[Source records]

-- ===== src/Latch/Reached.antt =====
-- The states that calls of the latches reach, in any order and by any threads.
use client_go.Base.{ℕ, ◌≡◌, refl, inl, inr, Bool-cases, Option, some, List, Bytes}
use client_go.Latch.{Latch, search_panics, AcquireResult, Woken, find_node, recycle}
use client_go.Latch.Table.{
  Latches, acquire_slot, release_slot, release_at, recycle_slot, set_commit_ts, new_latches,
  gen_lock,
}
use client_go.Latch.Queue.{Distinct, recycle_queue-Distinct, recycle_queue-Kept}
use client_go.Latch.Requests.{NoRepeat, gen_lock-InOrder}
use client_go.Latch.Holders.{
  if_same, nat_dec, update_all, wanted_cases, slot, node_of, Holding, Kept-at, Kept-Owns,
  Kept-Owns_back,
}
use client_go.Latch.Acquire.{acquire_slot-Holding}
use client_go.Latch.Release.{gives_back, release_slot-Holding, release_slot_panics}

-- One call that takes the mutex of a latch, or a new commit timestamp.
pub data Turn : Latches → Latches → Type 0 where
  acquires :
      (s s' : Latches) (i : ℕ) (result : AcquireResult)
      → acquire_slot s i ≡ some (s', result)
      → Turn s s'
  releases :
      (s s' : Latches) (i : ℕ) (woken : Option Woken)
      → release_slot s i ≡ some (s', woken)
      → Turn s s'
  recycles : (s : Latches) (at current_ts : ℕ) → Turn s (recycle_slot s at current_ts)
  commits : (s : Latches) (i commit_ts : ℕ) → Turn s (set_commit_ts s i commit_ts)

module _ (sum_32 : Bytes → ℕ) (size : ℕ) where
  pub data Reached (start_ts : ℕ → ℕ) (keys : ℕ → List Bytes) : Latches → Type 0 where
    at_first : Reached start_ts keys (new_latches sum_32 size start_ts keys)
    then_step : (s s' : Latches) → Reached start_ts keys s → Turn s s' → Reached start_ts keys s'

  new_latches-Holding :
      (start_ts : ℕ → ℕ) (keys : ℕ → List Bytes)
      → ((i : ℕ) → NoRepeat (keys i))
      → Holding sum_32 size (new_latches sum_32 size start_ts keys)
  unfolding new_latches gen_lock find_node
  new_latches-Holding start_ts keys n = record {
    distinct = λ at. tt;
    routed = λ i. (tt, (gen_lock-InOrder sum_32 size (start_ts i) (keys i) (n i)).1);
    ordered = λ i. (gen_lock-InOrder sum_32 size (start_ts i) (keys i) (n i)).0;
    held = λ i k h. elim h [ ];
    owned = λ i k (m, found, own). cc found;
  }

  recycle_slot-Holding :
      (s : Latches) (at ts : ℕ) → Holding sum_32 size s → Holding sum_32 size (recycle_slot s at ts)
  unfolding recycle_slot recycle
  recycle_slot-Holding s at ts h =
      let s' : Latches = recycle_slot s at ts in
      let kept = (λ (k : Bytes).
        Kept-at sum_32 size s.slots (recycle ts (s.slots at)).0 at k (λ same. rw same (
          recycle_queue-Kept ts (s.slots (slot sum_32 size k)).queue k
            (h.distinct (slot sum_32 size k))))) in
      record {
        distinct =
            update_all s.slots (λ (l : Latch). Distinct l.queue) at (recycle ts (s.slots at)).0
              h.distinct (recycle_queue-Distinct ts (s.slots at).queue (h.distinct at));
        routed = h.routed;
        ordered = h.ordered;
        held = λ i k has.
            Kept-Owns (node_of sum_32 size s k) (node_of sum_32 size s' k) i (kept k)
              (h.held i k has);
        owned = λ i k owns.
            h.owned i k
              (Kept-Owns_back (node_of sum_32 size s k) (node_of sum_32 size s' k) i (kept k) owns);
      }

  set_fields :
      (s : Latches) (i commit_ts j : ℕ)
      → (((set_commit_ts s i commit_ts).locks j).acquired ≡ (s.locks j).acquired)
        × (((set_commit_ts s i commit_ts).locks j).wanted ≡ (s.locks j).wanted)
  unfolding set_commit_ts
  set_fields s i commit_ts j = elim (nat_dec i j) [
    | inl same ↦ rw (if_same i j same, same) (refl, refl)
    | inr other ↦ rw other (refl, refl)
  ]

  set_commit_ts-Holding :
      (s : Latches) (i commit_ts : ℕ)
      → Holding sum_32 size s
      → Holding sum_32 size (set_commit_ts s i commit_ts)
  unfolding set_commit_ts
  set_commit_ts-Holding s i commit_ts h = record {
    distinct = h.distinct;
    routed = λ j. let (a, w) = set_fields s i commit_ts j in rw (a, w) (h.routed j);
    ordered = λ j. let (a, w) = set_fields s i commit_ts j in rw (a, w) (h.ordered j);
    held = λ j k has. let (a, w) = set_fields s i commit_ts j in h.held j k (rw a at has);
    owned = λ j k owns. let (a, w) = set_fields s i commit_ts j in rw a (h.owned j k owns);
  }

  release_turn-Holding :
      (s s' : Latches) (i : ℕ) (woken : Option Woken)
      → Holding sum_32 size s
      → release_slot s i ≡ some (s', woken)
      → Holding sum_32 size s'
  unfolding release_slot release_at
  release_turn-Holding s s' i woken h e = elim (wanted_cases (s.locks i).acquired) [
    | inl nothing ↦ absurd (cc (rw (nothing, release_at) at e))
    | inr (r, (rest, has)) ↦
        elim (Bool-cases
          (search_panics (gives_back s i r rest) r.key (s.slots r.slot_id).waiting)) [
            | inl panics ↦ absurd (cc (release_slot_panics s i r rest has panics, e))
            | inr fine ↦
                let (t, (w, runs, after)) =
                  release_slot-Holding sum_32 size s i r rest h has fine in
                let same : t ≡ s' = cc (runs, e) in rw (← same) after
          ]
  ]

  Turn-Holding : (s s' : Latches) → Holding sum_32 size s → Turn s s' → Holding sum_32 size s'
  Turn-Holding s s' h (acquires _ _ i result e) = acquire_slot-Holding sum_32 size s i h s' result e
  Turn-Holding s s' h (releases _ _ i woken e) = release_turn-Holding s s' i woken h e
  Turn-Holding s _ h (recycles _ at ts) = recycle_slot-Holding s at ts h
  Turn-Holding s _ h (commits _ i ts) = set_commit_ts-Holding s i ts h

  pub Reached-Holding :
      (start_ts : ℕ → ℕ) (keys : ℕ → List Bytes) (s : Latches)
      → ((i : ℕ) → NoRepeat (keys i))
      → Reached start_ts keys s
      → Holding sum_32 size s
  Reached-Holding start_ts keys _ n at_first = new_latches-Holding start_ts keys n
  Reached-Holding start_ts keys _ n (then_step s s' before step) =
      Turn-Holding s s' (Reached-Holding start_ts keys s n before) step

◆ Exercise brief
Every entry must be output again exactly as it was given.

◆ Response to this exercise
-- ===== src/Latch/Reached.antt =====
-- The states that calls of the latches reach, in any order and by any threads.
use client_go.Base.{ℕ, ◌≡◌, refl, inl, inr, Bool-cases, Option, some, List, Bytes}
use client_go.Latch.{Latch, search_panics, AcquireResult, Woken, find_node, recycle}
use client_go.Latch.Table.{
  Latches, acquire_slot, release_slot, release_at, recycle_slot, set_commit_ts, new_latches,
  gen_lock,
}
use client_go.Latch.Queue.{Distinct, recycle_queue-Distinct, recycle_queue-Kept}
use client_go.Latch.Requests.{NoRepeat, gen_lock-InOrder}
use client_go.Latch.Holders.{
  if_same, nat_dec, update_all, wanted_cases, slot, node_of, Holding, Kept-at, Kept-Owns,
  Kept-Owns_back,
}
use client_go.Latch.Acquire.{acquire_slot-Holding}
use client_go.Latch.Release.{gives_back, release_slot-Holding, release_slot_panics}

-- One call that takes the mutex of a latch, or a new commit timestamp.
pub data Turn : Latches → Latches → Type 0 where
  acquires :
      (s s' : Latches) (i : ℕ) (result : AcquireResult)
      → acquire_slot s i ≡ some (s', result)
      → Turn s s'
  releases :
      (s s' : Latches) (i : ℕ) (woken : Option Woken)
      → release_slot s i ≡ some (s', woken)
      → Turn s s'
  recycles : (s : Latches) (at current_ts : ℕ) → Turn s (recycle_slot s at current_ts)
  commits : (s : Latches) (i commit_ts : ℕ) → Turn s (set_commit_ts s i commit_ts)

module _ (sum_32 : Bytes → ℕ) (size : ℕ) where
  pub data Reached (start_ts : ℕ → ℕ) (keys : ℕ → List Bytes) : Latches → Type 0 where
    at_first : Reached start_ts keys (new_latches sum_32 size start_ts keys)
    then_step : (s s' : Latches) → Reached start_ts keys s → Turn s s' → Reached start_ts keys s'

  new_latches-Holding :
      (start_ts : ℕ → ℕ) (keys : ℕ → List Bytes)
      → ((i : ℕ) → NoRepeat (keys i))
      → Holding sum_32 size (new_latches sum_32 size start_ts keys)
  unfolding new_latches gen_lock find_node
  new_latches-Holding start_ts keys n = record {
    distinct = λ at. tt;
    routed = λ i. (tt, (gen_lock-InOrder sum_32 size (start_ts i) (keys i) (n i)).1);
    ordered = λ i. (gen_lock-InOrder sum_32 size (start_ts i) (keys i) (n i)).0;
    held = λ i k h. elim h [ ];
    owned = λ i k (m, found, own). cc found;
  }

  recycle_slot-Holding :
      (s : Latches) (at ts : ℕ) → Holding sum_32 size s → Holding sum_32 size (recycle_slot s at ts)
  unfolding recycle_slot recycle
  recycle_slot-Holding s at ts h =
      let s' : Latches = recycle_slot s at ts in
      let kept = (λ (k : Bytes).
        Kept-at sum_32 size s.slots (recycle ts (s.slots at)).0 at k (λ same. rw same (
          recycle_queue-Kept ts (s.slots (slot sum_32 size k)).queue k
            (h.distinct (slot sum_32 size k))))) in
      record {
        distinct =
            update_all s.slots (λ (l : Latch). Distinct l.queue) at (recycle ts (s.slots at)).0
              h.distinct (recycle_queue-Distinct ts (s.slots at).queue (h.distinct at));
        routed = h.routed;
        ordered = h.ordered;
        held = λ i k has.
            Kept-Owns (node_of sum_32 size s k) (node_of sum_32 size s' k) i (kept k)
              (h.held i k has);
        owned = λ i k owns.
            h.owned i k
              (Kept-Owns_back (node_of sum_32 size s k) (node_of sum_32 size s' k) i (kept k) owns);
      }

  set_fields :
      (s : Latches) (i commit_ts j : ℕ)
      → (((set_commit_ts s i commit_ts).locks j).acquired ≡ (s.locks j).acquired)
        × (((set_commit_ts s i commit_ts).locks j).wanted ≡ (s.locks j).wanted)
  unfolding set_commit_ts
  set_fields s i commit_ts j = elim (nat_dec i j) [
    | inl same ↦ rw (if_same i j same, same) (refl, refl)
    | inr other ↦ rw other (refl, refl)
  ]

  set_commit_ts-Holding :
      (s : Latches) (i commit_ts : ℕ)
      → Holding sum_32 size s
      → Holding sum_32 size (set_commit_ts s i commit_ts)
  unfolding set_commit_ts
  set_commit_ts-Holding s i commit_ts h = record {
    distinct = h.distinct;
    routed = λ j. let (a, w) = set_fields s i commit_ts j in rw (a, w) (h.routed j);
    ordered = λ j. let (a, w) = set_fields s i commit_ts j in rw (a, w) (h.ordered j);
    held = λ j k has. let (a, w) = set_fields s i commit_ts j in h.held j k (rw a at has);
    owned = λ j k owns. let (a, w) = set_fields s i commit_ts j in rw a (h.owned j k owns);
  }

  release_turn-Holding :
      (s s' : Latches) (i : ℕ) (woken : Option Woken)
      → Holding sum_32 size s
      → release_slot s i ≡ some (s', woken)
      → Holding sum_32 size s'
  unfolding release_slot release_at
  release_turn-Holding s s' i woken h e = elim (wanted_cases (s.locks i).acquired) [
    | inl nothing ↦ absurd (cc (rw (nothing, release_at) at e))
    | inr (r, (rest, has)) ↦
        elim (Bool-cases
          (search_panics (gives_back s i r rest) r.key (s.slots r.slot_id).waiting)) [
            | inl panics ↦ absurd (cc (release_slot_panics s i r rest has panics, e))
            | inr fine ↦
                let (t, (w, runs, after)) =
                  release_slot-Holding sum_32 size s i r rest h has fine in
                let same : t ≡ s' = cc (runs, e) in rw (← same) after
          ]
  ]

  Turn-Holding : (s s' : Latches) → Holding sum_32 size s → Turn s s' → Holding sum_32 size s'
  Turn-Holding s s' h (acquires _ _ i result e) = acquire_slot-Holding sum_32 size s i h s' result e
  Turn-Holding s s' h (releases _ _ i woken e) = release_turn-Holding s s' i woken h e
  Turn-Holding s _ h (recycles _ at ts) = recycle_slot-Holding s at ts h
  Turn-Holding s _ h (commits _ i ts) = set_commit_ts-Holding s i ts h

  pub Reached-Holding :
      (start_ts : ℕ → ℕ) (keys : ℕ → List Bytes) (s : Latches)
      → ((i : ℕ) → NoRepeat (keys i))
      → Reached start_ts keys s
      → Holding sum_32 size s
  Reached-Holding start_ts keys _ n at_first = new_latches-Holding start_ts keys n
  Reached-Holding start_ts keys _ n (then_step s s' before step) =
      Turn-Holding s s' (Reached-Holding start_ts keys s n before) step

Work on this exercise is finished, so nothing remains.